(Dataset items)
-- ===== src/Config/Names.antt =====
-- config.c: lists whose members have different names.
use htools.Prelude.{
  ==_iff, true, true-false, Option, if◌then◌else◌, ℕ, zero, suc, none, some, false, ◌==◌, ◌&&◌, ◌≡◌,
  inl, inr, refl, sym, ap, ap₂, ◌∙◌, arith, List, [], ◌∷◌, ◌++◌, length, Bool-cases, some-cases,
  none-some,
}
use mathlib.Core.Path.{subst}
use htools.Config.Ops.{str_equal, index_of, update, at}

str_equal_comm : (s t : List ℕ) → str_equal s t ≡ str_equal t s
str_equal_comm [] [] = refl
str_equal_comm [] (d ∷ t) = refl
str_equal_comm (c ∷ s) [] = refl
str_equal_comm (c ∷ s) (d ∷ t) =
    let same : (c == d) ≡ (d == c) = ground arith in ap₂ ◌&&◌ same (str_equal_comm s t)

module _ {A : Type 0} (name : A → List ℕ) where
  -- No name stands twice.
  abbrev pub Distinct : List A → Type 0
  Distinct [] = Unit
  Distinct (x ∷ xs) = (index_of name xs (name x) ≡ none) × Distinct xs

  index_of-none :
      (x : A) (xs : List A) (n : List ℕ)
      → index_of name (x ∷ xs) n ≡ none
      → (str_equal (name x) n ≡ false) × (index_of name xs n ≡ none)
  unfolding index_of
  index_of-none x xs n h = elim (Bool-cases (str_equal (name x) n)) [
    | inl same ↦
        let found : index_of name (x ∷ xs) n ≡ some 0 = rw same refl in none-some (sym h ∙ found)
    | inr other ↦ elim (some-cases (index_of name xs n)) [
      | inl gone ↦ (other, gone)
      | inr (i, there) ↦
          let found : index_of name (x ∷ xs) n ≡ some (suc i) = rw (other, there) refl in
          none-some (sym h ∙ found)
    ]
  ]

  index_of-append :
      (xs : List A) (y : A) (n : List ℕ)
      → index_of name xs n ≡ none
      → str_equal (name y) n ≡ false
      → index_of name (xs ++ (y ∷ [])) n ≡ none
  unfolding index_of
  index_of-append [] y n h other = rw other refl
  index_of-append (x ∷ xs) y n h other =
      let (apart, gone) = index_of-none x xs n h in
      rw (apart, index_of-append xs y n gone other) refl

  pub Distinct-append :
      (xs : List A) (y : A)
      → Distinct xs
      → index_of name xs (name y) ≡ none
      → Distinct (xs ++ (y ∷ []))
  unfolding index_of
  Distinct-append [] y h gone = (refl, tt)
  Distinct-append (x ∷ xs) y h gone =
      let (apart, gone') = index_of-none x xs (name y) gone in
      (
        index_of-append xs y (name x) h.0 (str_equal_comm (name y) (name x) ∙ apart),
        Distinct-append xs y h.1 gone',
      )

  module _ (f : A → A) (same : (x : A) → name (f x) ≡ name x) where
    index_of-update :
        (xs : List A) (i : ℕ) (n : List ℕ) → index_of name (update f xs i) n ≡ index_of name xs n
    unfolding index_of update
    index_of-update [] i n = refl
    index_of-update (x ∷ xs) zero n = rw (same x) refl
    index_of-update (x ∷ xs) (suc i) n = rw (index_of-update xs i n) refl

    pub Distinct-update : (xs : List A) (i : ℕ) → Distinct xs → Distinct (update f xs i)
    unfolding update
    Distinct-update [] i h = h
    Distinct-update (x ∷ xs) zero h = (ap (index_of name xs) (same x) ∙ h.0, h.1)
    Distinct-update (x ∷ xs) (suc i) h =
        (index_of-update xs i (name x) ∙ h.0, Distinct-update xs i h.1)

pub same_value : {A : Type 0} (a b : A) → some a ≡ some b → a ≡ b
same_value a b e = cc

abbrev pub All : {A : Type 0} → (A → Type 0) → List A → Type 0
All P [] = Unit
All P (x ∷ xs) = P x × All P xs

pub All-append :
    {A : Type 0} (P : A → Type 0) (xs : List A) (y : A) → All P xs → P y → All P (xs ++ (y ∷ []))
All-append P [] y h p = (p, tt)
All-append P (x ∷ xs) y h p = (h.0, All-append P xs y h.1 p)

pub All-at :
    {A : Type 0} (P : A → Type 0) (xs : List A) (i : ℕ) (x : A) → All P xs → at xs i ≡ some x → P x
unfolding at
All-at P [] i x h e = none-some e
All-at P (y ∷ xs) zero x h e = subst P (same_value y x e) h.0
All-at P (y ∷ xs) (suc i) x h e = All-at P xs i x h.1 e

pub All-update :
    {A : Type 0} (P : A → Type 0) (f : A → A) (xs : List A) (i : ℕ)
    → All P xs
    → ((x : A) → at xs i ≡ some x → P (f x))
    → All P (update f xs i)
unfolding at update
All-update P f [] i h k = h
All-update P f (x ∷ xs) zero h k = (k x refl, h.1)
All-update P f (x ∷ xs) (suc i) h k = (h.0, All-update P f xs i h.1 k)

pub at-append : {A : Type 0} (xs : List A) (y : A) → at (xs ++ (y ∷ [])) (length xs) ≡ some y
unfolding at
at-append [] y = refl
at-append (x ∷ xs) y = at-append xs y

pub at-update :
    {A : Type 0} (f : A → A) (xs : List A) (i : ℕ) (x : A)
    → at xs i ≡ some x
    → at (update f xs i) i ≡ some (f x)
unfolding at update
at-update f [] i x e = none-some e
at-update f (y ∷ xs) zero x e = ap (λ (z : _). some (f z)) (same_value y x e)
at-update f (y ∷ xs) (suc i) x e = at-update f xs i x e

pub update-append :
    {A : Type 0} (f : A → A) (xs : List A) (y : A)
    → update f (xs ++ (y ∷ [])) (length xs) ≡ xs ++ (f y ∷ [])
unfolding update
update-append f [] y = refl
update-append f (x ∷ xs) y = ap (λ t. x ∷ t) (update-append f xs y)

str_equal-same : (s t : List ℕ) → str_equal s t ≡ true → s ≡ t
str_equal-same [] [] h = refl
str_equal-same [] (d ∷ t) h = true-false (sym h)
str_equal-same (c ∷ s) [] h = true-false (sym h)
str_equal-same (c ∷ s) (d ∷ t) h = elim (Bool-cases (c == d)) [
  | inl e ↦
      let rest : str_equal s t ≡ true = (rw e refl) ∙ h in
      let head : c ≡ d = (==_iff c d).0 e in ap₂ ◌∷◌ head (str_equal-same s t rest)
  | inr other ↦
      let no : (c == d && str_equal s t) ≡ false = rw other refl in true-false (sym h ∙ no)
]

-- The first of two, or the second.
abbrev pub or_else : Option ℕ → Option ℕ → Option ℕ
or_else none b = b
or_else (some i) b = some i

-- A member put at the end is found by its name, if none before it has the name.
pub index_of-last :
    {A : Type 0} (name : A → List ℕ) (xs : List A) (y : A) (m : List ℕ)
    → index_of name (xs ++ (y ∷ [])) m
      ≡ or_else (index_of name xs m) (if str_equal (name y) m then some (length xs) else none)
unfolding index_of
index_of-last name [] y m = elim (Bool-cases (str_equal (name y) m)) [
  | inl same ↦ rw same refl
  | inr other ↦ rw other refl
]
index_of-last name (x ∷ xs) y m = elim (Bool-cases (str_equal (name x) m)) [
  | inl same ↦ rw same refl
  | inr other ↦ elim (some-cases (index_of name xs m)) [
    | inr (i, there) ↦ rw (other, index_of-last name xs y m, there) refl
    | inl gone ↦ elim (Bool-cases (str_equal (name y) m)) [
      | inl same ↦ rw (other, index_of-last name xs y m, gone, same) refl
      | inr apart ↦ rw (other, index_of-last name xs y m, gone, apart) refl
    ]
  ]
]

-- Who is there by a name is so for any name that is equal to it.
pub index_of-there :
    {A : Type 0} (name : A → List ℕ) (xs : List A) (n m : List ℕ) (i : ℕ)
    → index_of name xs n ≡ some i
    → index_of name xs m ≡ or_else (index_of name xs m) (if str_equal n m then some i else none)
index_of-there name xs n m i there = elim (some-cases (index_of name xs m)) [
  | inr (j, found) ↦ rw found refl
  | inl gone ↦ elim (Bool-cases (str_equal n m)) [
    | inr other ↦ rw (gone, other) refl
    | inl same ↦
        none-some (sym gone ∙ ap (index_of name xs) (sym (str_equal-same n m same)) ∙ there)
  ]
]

* * *

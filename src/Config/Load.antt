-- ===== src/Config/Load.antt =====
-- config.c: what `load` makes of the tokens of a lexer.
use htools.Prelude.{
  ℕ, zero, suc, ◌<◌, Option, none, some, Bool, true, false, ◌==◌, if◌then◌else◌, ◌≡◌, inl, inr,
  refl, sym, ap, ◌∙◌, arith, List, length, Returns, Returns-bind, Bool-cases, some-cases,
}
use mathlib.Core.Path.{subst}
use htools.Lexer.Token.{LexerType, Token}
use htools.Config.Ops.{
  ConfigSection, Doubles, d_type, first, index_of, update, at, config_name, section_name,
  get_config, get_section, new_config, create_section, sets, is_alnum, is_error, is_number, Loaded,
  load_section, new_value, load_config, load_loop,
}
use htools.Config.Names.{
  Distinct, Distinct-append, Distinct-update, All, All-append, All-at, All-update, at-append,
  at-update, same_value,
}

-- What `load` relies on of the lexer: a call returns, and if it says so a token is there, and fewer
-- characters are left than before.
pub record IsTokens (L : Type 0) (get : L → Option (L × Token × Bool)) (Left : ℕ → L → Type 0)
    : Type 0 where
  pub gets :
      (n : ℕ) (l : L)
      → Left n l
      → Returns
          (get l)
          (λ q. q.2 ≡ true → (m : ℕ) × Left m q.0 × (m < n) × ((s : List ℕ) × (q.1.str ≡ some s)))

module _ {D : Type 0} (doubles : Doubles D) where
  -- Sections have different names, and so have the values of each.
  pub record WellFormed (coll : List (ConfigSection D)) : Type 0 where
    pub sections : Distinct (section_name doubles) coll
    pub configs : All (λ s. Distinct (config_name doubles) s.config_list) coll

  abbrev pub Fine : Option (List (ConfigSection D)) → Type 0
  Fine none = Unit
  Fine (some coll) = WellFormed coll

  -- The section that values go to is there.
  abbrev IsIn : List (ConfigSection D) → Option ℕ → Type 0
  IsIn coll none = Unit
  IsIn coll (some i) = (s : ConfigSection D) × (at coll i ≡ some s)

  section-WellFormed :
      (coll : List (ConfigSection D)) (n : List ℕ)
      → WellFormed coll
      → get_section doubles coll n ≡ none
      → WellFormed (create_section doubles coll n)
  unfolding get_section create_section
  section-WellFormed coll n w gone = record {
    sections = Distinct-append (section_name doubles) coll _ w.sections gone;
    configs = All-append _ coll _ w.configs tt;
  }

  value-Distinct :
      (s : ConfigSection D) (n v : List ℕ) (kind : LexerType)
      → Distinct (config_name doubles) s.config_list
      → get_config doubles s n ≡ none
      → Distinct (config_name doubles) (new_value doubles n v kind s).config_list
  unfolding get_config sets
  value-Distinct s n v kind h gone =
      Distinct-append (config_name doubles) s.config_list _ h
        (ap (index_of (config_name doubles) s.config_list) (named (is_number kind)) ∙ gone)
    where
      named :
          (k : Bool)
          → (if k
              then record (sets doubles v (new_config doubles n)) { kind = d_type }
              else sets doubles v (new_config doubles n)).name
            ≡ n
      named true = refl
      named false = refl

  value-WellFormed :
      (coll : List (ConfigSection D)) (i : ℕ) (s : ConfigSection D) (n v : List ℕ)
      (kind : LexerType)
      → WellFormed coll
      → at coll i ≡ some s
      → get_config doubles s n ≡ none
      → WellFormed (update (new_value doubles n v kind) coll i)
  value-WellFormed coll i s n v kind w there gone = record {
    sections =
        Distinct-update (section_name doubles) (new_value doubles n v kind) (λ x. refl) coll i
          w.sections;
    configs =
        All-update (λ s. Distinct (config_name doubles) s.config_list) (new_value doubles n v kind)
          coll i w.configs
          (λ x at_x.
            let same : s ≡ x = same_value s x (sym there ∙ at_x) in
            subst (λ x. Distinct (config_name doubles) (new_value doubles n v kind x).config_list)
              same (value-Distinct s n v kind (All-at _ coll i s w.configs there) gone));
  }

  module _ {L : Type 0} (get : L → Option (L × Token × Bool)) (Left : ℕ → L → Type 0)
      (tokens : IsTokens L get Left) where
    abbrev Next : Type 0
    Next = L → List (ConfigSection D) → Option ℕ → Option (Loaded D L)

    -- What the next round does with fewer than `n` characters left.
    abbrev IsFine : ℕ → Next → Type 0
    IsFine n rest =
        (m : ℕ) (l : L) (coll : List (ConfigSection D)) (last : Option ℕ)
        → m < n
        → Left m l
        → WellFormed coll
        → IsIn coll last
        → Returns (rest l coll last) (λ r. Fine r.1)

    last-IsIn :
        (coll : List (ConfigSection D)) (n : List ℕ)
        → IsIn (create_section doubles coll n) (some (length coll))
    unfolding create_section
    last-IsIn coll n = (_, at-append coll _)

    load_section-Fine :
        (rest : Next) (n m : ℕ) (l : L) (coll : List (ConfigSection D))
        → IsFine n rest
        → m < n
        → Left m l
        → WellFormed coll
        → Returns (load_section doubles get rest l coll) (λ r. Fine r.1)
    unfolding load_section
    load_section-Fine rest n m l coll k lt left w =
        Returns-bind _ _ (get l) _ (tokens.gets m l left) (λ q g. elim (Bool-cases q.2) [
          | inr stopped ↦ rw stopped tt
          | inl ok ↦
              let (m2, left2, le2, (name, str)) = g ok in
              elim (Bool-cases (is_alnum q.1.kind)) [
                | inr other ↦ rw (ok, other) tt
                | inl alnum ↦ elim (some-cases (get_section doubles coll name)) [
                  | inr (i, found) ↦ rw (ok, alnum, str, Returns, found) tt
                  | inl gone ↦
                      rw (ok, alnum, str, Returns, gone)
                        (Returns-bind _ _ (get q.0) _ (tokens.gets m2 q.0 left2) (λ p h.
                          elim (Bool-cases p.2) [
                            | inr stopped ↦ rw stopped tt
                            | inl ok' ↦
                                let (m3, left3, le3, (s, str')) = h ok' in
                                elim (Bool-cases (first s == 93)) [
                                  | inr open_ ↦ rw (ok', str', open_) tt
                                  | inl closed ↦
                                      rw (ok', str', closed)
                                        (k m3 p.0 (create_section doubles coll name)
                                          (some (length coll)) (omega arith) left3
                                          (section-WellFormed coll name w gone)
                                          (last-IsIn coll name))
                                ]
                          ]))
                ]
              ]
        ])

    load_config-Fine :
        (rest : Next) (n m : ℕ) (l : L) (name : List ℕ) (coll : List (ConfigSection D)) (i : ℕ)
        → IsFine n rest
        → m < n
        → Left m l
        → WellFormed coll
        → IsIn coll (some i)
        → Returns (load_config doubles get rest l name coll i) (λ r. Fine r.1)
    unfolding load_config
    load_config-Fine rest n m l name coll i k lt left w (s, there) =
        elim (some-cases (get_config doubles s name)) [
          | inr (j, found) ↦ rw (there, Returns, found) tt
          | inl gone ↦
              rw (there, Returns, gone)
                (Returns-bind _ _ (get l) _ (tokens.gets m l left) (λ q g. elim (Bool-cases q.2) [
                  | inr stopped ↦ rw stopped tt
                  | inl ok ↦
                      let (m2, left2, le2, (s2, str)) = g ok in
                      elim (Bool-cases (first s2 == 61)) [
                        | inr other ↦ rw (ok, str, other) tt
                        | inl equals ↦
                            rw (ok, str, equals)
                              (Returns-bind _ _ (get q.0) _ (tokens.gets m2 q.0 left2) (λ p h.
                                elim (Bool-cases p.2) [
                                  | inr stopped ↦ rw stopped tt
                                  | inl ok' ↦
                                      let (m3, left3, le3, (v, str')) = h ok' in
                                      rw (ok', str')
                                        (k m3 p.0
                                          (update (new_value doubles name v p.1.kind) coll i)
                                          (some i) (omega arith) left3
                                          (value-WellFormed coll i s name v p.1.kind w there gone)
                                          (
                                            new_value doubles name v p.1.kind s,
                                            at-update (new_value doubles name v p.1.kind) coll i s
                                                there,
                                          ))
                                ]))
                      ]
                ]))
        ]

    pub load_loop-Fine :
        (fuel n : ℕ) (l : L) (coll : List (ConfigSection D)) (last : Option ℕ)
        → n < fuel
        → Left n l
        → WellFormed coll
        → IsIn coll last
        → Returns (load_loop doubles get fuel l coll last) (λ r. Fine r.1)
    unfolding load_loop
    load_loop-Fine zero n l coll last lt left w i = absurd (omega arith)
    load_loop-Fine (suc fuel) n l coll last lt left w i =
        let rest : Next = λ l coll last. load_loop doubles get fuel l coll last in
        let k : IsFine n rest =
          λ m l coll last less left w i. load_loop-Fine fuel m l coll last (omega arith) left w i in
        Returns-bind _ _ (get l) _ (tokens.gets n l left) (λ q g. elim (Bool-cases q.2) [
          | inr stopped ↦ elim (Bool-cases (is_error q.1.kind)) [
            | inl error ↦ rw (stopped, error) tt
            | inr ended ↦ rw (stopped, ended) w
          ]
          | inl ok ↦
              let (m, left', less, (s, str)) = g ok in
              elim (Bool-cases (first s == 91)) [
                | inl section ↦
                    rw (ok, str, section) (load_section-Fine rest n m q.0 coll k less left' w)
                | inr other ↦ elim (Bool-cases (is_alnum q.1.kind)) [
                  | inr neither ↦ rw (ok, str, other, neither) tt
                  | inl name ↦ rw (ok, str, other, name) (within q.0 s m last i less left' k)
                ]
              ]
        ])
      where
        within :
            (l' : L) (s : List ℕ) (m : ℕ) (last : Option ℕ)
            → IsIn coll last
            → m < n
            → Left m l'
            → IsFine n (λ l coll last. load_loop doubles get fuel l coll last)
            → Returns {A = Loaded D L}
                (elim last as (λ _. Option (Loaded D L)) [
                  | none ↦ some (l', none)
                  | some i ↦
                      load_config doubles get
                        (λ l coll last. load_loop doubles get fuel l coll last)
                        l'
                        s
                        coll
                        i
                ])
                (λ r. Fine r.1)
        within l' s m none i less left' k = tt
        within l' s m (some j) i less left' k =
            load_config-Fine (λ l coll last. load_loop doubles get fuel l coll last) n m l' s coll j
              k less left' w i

* **Exercise**:
If a line in the data above holds the string "LexerType", report that line.

* **Your solution**:
use htools.Lexer.Token.{LexerType, Token}
      (s : ConfigSection D) (n v : List ℕ) (kind : LexerType)
      (kind : LexerType)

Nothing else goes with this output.